- Born: Katherine Haines Freeman
- Education: Wellesley College; Indiana University, Bloomington;
- Scientific career
- Workplaces: Pennsylvania State University;
- Thesis: The carbon isotopic compositions of individual compounds from ancient and modern depositional environments (1991)
- Doctoral advisor: John M. Hayes
- Doctoral students: Jennifer Eigenbrode
- Other notable students: Post-docs: Yongsong Huang;
- Website: www.geosc.psu.edu/academic-faculty/freeman-katherine

= Katherine H. Freeman =

American earth scientist

Katherine Haines Freeman is the Evan Pugh University Professor of Geosciences at Pennsylvania State University
and a co-editor of the peer-reviewed scientific journal, Annual Review of Earth and Planetary Sciences.
Her research interests are organic geochemistry, isotopic biogeochemistry, paleoclimate and astrobiology.

==Academic background==
In 1984 Wellesley College awarded Freeman her B.A. in geology and classical civilization.
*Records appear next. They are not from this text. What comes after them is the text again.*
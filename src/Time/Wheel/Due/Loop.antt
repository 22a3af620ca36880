-- ===== src/Time/Wheel/Due/Loop.antt =====
-- Tick by tick, a timer that waits is reached.
use libev_test.Base.{
  ℕ, zero, suc, ◌+◌, ◌%◌, ◌<◌, ◌≤◌, ◌≡◌, ◌≢◌, inl, inr, sym, arith, List, Option, none, some,
  Option-cases, List-cases,
}
use libev_test.Time.Wheel.{TimerNode, TimerMgr, NodePool, Script, cascades}
use libev_test.Time.Wheel.Place.{Fits}
use libev_test.Time.Wheel.Valid.{Placed, IsSmall, Allowed, at_tick, head_in_use}
use libev_test.Time.Wheel.Run.{fire_one, run_list, internal_run_timer, main_loop}
use libev_test.Time.Wheel.Fire.{IsPending}
use libev_test.Time.Wheel.Ready.{IsMid, cascades-IsMid, IsMid-IsReady, IsReady}
use libev_test.Time.Wheel.Tick.{fire_one-IsMid, internal_run_timer-IsMid, main_loop-IsReady}
use libev_test.Time.Wheel.Due.{WasCalled, cascades-IsPending}
use libev_test.Time.Wheel.Cascade.Move.{in_tick}
use libev_test.Time.Wheel.Due.Round.{IsTracked, react-Allowed, fire_one-IsTracked}
use libev_test.Time.Wheel.Cascade.All.{cascades-same}

-- No timer that is placed at a tick is overdue.
Fits-due : (t s e : ℕ) → Fits (at_tick t) s e → t ≤ e
Fits-due t s e fits = elim fits [
  | inl h ↦ omega arith
  | inr (inl h) ↦ omega arith
  | inr (inr (inl h)) ↦ omega arith
  | inr (inr (inr (inl h))) ↦ omega arith
  | inr (inr (inr (inr h))) ↦ omega arith
]

pub pending_due :
    (t due : ℕ) (o : Option TimerNode) → Placed (at_tick t) o → IsPending due o → t ≤ due
pending_due t due none p q = elim q [ ]
pending_due t due (some node) p q = rw q.1 at (Fits-due t node.lst_offset node.expires p.0)

module _ (pool : NodePool) (react : ℕ → ℕ → List ℕ → Script) (due m : ℕ)
    (spares : (mid type : ℕ) (bytes : List ℕ)
      → Allowed IsSmall (λ d. d ≢ m) (react mid type bytes)) where
  run_list-IsTracked :
      (t : ℕ)
      → t < 0x8000000000000000
      → (fuel : ℕ) (w w' : TimerMgr) → IsMid t w
      → IsTracked due m w
      → run_list pool react fuel (t % 256) w ≡ some w'
      → IsTracked due m w'
  unfolding run_list
  run_list-IsTracked t small zero w w' i tracked ran = cc
  run_list-IsTracked t small (suc fuel) w w' i tracked ran = elim (List-cases (w.vec (t % 256))) [
    | inl e ↦ let same : w ≡ w' = ground (arith, rw (e, run_list) at ran) in rw (sym same) tracked
    | inr (mid, mids, e) ↦
        let h = head_in_use (in_tick t) w (t % 256) mid mids i.valid e in
        run_list-IsTracked t small fuel (fire_one pool react (t % 256) mid h.0 w) w'
          (fire_one-IsMid pool react (react-Allowed pool react due m spares) t small mid h.0 w i h.1
            h.2)
          (fire_one-IsTracked pool react due m spares t small mid h.0 w i h.1 h.2 tracked)
          (rw (e, h.1, run_list) at ran)
  ]

  internal_run_timer-IsTracked :
      (fuel : ℕ) (w w' : TimerMgr)
      → w.cur_tick < 0x8000000000000000
      → IsReady w
      → IsTracked due m w
      → internal_run_timer pool react fuel w ≡ some w'
      → IsTracked due m w'
  unfolding internal_run_timer
  internal_run_timer-IsTracked fuel w w' small ready tracked ran =
      run_list-IsTracked w.cur_tick small fuel (cascades w) w' (cascades-IsMid w small ready)
        (elim tracked [
          | inl p ↦ inl (cascades-IsPending due m w p)
          | inr c ↦ inr (rw (cascades-same w).1 c)
        ])
        ran

  main_loop-IsTracked :
      (fuel tick_num : ℕ) (w w' : TimerMgr)
      → w.cur_tick + tick_num < 0x8000000000000000
      → IsReady w
      → IsTracked due m w
      → main_loop pool react fuel tick_num w ≡ some w'
      → IsTracked due m w'
  unfolding main_loop
  main_loop-IsTracked fuel zero w w' small ready tracked ran =
      let same : w ≡ w' = ground arith in rw (sym same) tracked
  main_loop-IsTracked fuel (suc n) w w' small ready tracked ran =
      elim (Option-cases (internal_run_timer pool react fuel w)) [
        | inl e ↦ absurd (let h : none ≡ some w' = rw (e, main_loop) at ran in cc)
        | inr (ran1, e) ↦
            let calm = react-Allowed pool react due m spares in
            let i = internal_run_timer-IsMid pool react calm fuel w ran1 (omega arith) ready e in
            let next : TimerMgr = record ran1 { cur_tick = ran1.cur_tick + 1 } in
            let tracked1 = internal_run_timer-IsTracked fuel w ran1 (omega arith) ready tracked e in
            main_loop-IsTracked fuel n next w' (omega arith) (IsMid-IsReady w.cur_tick ran1 i.0 i.1)
              tracked1 (rw (e, main_loop) at ran)
      ]

  -- On a wheel that is ready, with callbacks that add timers with delays below 2^32 and intervals
  -- below 2^31 ticks and delete any timer but `m`: if timer `m` waits for tick `due`, and
  -- `main_loop` has run past that tick with the counter below 2^63, then `m` has been called at
  -- exactly the tick `due`.
  pub main_loop-calls :
      (fuel tick_num : ℕ) (w w' : TimerMgr)
      → w.cur_tick + tick_num < 0x8000000000000000
      → IsReady w
      → IsPending due (w.nodes m)
      → due < w.cur_tick + tick_num
      → main_loop pool react fuel tick_num w ≡ some w'
      → WasCalled m due w'.calls
  main_loop-calls fuel tick_num w w' small ready p passed ran =
      let calm = react-Allowed pool react due m spares in
      let r = main_loop-IsReady pool react calm fuel tick_num w w' small ready ran in
      elim (main_loop-IsTracked fuel tick_num w w' small ready (inl p) ran) [
        | inl q ↦
            absurd
              (omega (arith, pending_due w'.cur_tick due (w'.nodes m) (r.0.valid.placed m) q, r.1))
        | inr c ↦ c
      ]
At Indiana University, Bloomington she obtained her M.S. (1989) and Ph.D. (1991) in geology under the direction of John M. Hayes. Freeman then did a postdoc at the Skidaway Institute of Oceanography (Savannah, Georgia) in 1990-91, and subsequently joined Pennsylvania State University in 1991. Freeman was appointed a Distinguished Professor in 2015 and later an Evan Pugh University Professor in 2016 by Penn State. An Evan Pugh University professorship is the highest honor that Pennsylvania State University can bestowed on a member of its faculty.

==Awards==
Freeman is a fellow of the American Geophysical Union (2013), The Geochemical Society and European Association of Geochemistry (2011), American Academy of Microbiology (2011), John Simon Guggenheim Memorial Foundation (2010), Geological Society of America (2007), and Canadian Institute for Advanced Research (2001). She was awarded the Heinz A. Lowenstam Science Innovation Award in 2012 from the European Association of Geochemistry. Her paper titled "Water, plants, and early human habitats in eastern Africa" earned the 2012 Cozzarelli Prize for Physical and Mathematical Sciences. She was elected to membership in the National Academy of Sciences in 2013. She received the 2017 Alfred Treibs Award from the Geochemical Society for her contributions to organic geochemistry. Freeman was also awarded the Nemmers Prize in Earth Sciences in 2020 for her significant contributions to the field of stable isotope geochemistry.